Stored data:
- - - -
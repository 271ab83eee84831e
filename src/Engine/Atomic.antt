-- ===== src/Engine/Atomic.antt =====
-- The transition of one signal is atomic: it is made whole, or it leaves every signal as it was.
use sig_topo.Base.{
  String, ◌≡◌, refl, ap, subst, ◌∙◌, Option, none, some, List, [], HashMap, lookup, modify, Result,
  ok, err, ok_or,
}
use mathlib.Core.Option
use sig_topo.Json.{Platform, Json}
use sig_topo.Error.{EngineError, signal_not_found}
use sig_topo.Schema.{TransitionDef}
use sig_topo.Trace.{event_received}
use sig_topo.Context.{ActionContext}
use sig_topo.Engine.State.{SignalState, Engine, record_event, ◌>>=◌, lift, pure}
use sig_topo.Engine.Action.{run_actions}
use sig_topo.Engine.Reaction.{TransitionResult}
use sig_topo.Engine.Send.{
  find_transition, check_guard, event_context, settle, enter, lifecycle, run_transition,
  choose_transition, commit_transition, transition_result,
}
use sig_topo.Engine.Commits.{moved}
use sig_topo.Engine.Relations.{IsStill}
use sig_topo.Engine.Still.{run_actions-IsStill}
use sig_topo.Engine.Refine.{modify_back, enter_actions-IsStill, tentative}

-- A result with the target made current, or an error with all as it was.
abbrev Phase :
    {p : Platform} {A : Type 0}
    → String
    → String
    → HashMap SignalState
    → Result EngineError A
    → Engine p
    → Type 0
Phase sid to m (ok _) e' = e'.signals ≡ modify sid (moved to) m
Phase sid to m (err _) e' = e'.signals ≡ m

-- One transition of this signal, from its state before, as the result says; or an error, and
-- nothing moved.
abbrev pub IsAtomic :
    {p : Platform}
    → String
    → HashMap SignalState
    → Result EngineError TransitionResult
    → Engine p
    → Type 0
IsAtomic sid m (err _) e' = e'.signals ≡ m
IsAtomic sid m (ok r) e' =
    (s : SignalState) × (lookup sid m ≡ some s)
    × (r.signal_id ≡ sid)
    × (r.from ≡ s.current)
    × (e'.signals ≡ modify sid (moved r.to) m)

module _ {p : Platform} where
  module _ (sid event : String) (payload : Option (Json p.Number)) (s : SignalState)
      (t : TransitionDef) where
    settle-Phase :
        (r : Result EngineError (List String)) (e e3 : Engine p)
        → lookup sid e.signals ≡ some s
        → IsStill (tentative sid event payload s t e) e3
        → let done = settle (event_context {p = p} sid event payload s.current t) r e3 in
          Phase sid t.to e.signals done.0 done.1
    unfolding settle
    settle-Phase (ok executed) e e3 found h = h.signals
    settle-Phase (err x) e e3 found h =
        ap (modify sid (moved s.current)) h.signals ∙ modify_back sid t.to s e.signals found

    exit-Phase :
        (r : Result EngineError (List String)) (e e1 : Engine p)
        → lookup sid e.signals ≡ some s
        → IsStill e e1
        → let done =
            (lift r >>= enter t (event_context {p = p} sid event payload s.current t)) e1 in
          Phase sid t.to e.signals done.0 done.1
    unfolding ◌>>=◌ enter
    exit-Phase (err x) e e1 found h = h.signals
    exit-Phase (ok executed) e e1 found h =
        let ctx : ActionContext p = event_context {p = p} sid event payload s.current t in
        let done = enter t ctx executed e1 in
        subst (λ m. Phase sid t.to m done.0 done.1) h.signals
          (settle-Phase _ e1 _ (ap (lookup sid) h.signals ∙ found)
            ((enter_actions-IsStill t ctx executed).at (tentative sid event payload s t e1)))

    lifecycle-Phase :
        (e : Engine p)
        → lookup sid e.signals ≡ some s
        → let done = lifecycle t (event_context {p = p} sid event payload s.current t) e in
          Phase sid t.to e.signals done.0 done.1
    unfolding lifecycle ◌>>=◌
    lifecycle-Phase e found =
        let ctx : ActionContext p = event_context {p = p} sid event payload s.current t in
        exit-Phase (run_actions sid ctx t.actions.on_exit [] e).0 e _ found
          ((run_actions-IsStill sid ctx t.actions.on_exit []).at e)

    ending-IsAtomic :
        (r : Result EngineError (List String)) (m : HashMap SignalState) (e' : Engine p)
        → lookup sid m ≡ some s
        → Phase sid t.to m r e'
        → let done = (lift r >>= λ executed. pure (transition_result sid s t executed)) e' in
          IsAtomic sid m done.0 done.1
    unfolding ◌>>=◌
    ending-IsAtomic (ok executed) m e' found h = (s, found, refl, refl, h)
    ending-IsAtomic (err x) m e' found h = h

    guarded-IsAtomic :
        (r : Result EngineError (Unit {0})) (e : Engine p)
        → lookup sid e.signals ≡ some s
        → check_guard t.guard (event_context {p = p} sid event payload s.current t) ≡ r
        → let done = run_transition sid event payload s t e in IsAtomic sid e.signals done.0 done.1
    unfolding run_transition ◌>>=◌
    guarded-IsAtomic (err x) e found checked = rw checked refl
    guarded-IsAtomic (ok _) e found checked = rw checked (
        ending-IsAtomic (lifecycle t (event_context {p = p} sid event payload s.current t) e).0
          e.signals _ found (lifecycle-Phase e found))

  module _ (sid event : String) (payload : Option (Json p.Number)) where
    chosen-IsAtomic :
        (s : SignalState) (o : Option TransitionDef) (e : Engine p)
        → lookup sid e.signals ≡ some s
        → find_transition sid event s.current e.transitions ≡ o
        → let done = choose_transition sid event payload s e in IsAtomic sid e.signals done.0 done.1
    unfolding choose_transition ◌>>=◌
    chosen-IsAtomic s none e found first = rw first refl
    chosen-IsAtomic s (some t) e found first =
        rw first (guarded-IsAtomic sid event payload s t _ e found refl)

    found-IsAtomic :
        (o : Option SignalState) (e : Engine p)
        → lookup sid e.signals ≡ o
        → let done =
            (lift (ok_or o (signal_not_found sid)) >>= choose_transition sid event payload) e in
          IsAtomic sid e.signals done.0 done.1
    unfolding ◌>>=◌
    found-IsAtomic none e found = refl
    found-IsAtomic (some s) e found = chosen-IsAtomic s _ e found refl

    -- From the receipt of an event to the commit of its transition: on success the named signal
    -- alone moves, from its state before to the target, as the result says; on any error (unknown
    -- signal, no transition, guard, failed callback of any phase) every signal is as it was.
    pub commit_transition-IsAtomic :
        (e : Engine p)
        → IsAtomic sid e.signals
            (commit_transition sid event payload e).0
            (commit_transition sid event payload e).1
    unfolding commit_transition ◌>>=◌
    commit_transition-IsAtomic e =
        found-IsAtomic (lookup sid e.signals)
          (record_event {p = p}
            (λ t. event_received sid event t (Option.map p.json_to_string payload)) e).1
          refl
- - - -
DIRECTIONS
Set every entry down once more, exactly as written above.

YOUR RESPONSE
repository 271ab83eee84831e
filename src/Engine/Atomic.antt
-- ===== src/Engine/Atomic.antt =====
-- The transition of one signal is atomic: it is made whole, or it leaves every signal as it was.
use sig_topo.Base.{
  String, ◌≡◌, refl, ap, subst, ◌∙◌, Option, none, some, List, [], HashMap, lookup, modify, Result,
  ok, err, ok_or,
}
use mathlib.Core.Option
use sig_topo.Json.{Platform, Json}
use sig_topo.Error.{EngineError, signal_not_found}
use sig_topo.Schema.{TransitionDef}
use sig_topo.Trace.{event_received}
use sig_topo.Context.{ActionContext}
use sig_topo.Engine.State.{SignalState, Engine, record_event, ◌>>=◌, lift, pure}
use sig_topo.Engine.Action.{run_actions}
use sig_topo.Engine.Reaction.{TransitionResult}
use sig_topo.Engine.Send.{
  find_transition, check_guard, event_context, settle, enter, lifecycle, run_transition,
  choose_transition, commit_transition, transition_result,
}
use sig_topo.Engine.Commits.{moved}
use sig_topo.Engine.Relations.{IsStill}
use sig_topo.Engine.Still.{run_actions-IsStill}
use sig_topo.Engine.Refine.{modify_back, enter_actions-IsStill, tentative}

-- A result with the target made current, or an error with all as it was.
abbrev Phase :
    {p : Platform} {A : Type 0}
    → String
    → String
    → HashMap SignalState
    → Result EngineError A
    → Engine p
    → Type 0
Phase sid to m (ok _) e' = e'.signals ≡ modify sid (moved to) m
Phase sid to m (err _) e' = e'.signals ≡ m

-- One transition of this signal, from its state before, as the result says; or an error, and
-- nothing moved.
abbrev pub IsAtomic :
    {p : Platform}
    → String
    → HashMap SignalState
    → Result EngineError TransitionResult
    → Engine p
    → Type 0
IsAtomic sid m (err _) e' = e'.signals ≡ m
IsAtomic sid m (ok r) e' =
    (s : SignalState) × (lookup sid m ≡ some s)
    × (r.signal_id ≡ sid)
    × (r.from ≡ s.current)
    × (e'.signals ≡ modify sid (moved r.to) m)

module _ {p : Platform} where
  module _ (sid event : String) (payload : Option (Json p.Number)) (s : SignalState)
      (t : TransitionDef) where
    settle-Phase :
        (r : Result EngineError (List String)) (e e3 : Engine p)
        → lookup sid e.signals ≡ some s
        → IsStill (tentative sid event payload s t e) e3
        → let done = settle (event_context {p = p} sid event payload s.current t) r e3 in
          Phase sid t.to e.signals done.0 done.1
    unfolding settle
    settle-Phase (ok executed) e e3 found h = h.signals
    settle-Phase (err x) e e3 found h =
        ap (modify sid (moved s.current)) h.signals ∙ modify_back sid t.to s e.signals found

    exit-Phase :
        (r : Result EngineError (List String)) (e e1 : Engine p)
        → lookup sid e.signals ≡ some s
        → IsStill e e1
        → let done =
            (lift r >>= enter t (event_context {p = p} sid event payload s.current t)) e1 in
          Phase sid t.to e.signals done.0 done.1
    unfolding ◌>>=◌ enter
    exit-Phase (err x) e e1 found h = h.signals
    exit-Phase (ok executed) e e1 found h =
        let ctx : ActionContext p = event_context {p = p} sid event payload s.current t in
        let done = enter t ctx executed e1 in
        subst (λ m. Phase sid t.to m done.0 done.1) h.signals
          (settle-Phase _ e1 _ (ap (lookup sid) h.signals ∙ found)
            ((enter_actions-IsStill t ctx executed).at (tentative sid event payload s t e1)))

    lifecycle-Phase :
        (e : Engine p)
        → lookup sid e.signals ≡ some s
        → let done = lifecycle t (event_context {p = p} sid event payload s.current t) e in
          Phase sid t.to e.signals done.0 done.1
    unfolding lifecycle ◌>>=◌
    lifecycle-Phase e found =
        let ctx : ActionContext p = event_context {p = p} sid event payload s.current t in
        exit-Phase (run_actions sid ctx t.actions.on_exit [] e).0 e _ found
          ((run_actions-IsStill sid ctx t.actions.on_exit []).at e)

    ending-IsAtomic :
        (r : Result EngineError (List String)) (m : HashMap SignalState) (e' : Engine p)
        → lookup sid m ≡ some s
        → Phase sid t.to m r e'
        → let done = (lift r >>= λ executed. pure (transition_result sid s t executed)) e' in
          IsAtomic sid m done.0 done.1
    unfolding ◌>>=◌
    ending-IsAtomic (ok executed) m e' found h = (s, found, refl, refl, h)
    ending-IsAtomic (err x) m e' found h = h

    guarded-IsAtomic :
        (r : Result EngineError (Unit {0})) (e : Engine p)
        → lookup sid e.signals ≡ some s
        → check_guard t.guard (event_context {p = p} sid event payload s.current t) ≡ r
        → let done = run_transition sid event payload s t e in IsAtomic sid e.signals done.0 done.1
    unfolding run_transition ◌>>=◌
    guarded-IsAtomic (err x) e found checked = rw checked refl
    guarded-IsAtomic (ok _) e found checked = rw checked (
        ending-IsAtomic (lifecycle t (event_context {p = p} sid event payload s.current t) e).0
          e.signals _ found (lifecycle-Phase e found))

  module _ (sid event : String) (payload : Option (Json p.Number)) where
    chosen-IsAtomic :
        (s : SignalState) (o : Option TransitionDef) (e : Engine p)
        → lookup sid e.signals ≡ some s
        → find_transition sid event s.current e.transitions ≡ o
        → let done = choose_transition sid event payload s e in IsAtomic sid e.signals done.0 done.1
    unfolding choose_transition ◌>>=◌
    chosen-IsAtomic s none e found first = rw first refl
    chosen-IsAtomic s (some t) e found first =
        rw first (guarded-IsAtomic sid event payload s t _ e found refl)

    found-IsAtomic :
        (o : Option SignalState) (e : Engine p)
        → lookup sid e.signals ≡ o
        → let done =
            (lift (ok_or o (signal_not_found sid)) >>= choose_transition sid event payload) e in
          IsAtomic sid e.signals done.0 done.1
    unfolding ◌>>=◌
    found-IsAtomic none e found = refl
    found-IsAtomic (some s) e found = chosen-IsAtomic s _ e found refl

    -- From the receipt of an event to the commit of its transition: on success the named signal
    -- alone moves, from its state before to the target, as the result says; on any error (unknown
    -- signal, no transition, guard, failed callback of any phase) every signal is as it was.
    pub commit_transition-IsAtomic :
        (e : Engine p)
        → IsAtomic sid e.signals
            (commit_transition sid event payload e).0
            (commit_transition sid event payload e).1
    unfolding commit_transition ◌>>=◌
    commit_transition-IsAtomic e =
        found-IsAtomic (lookup sid e.signals)
          (record_event {p = p}
            (λ t. event_received sid event t (Option.map p.json_to_string payload)) e).1
          refl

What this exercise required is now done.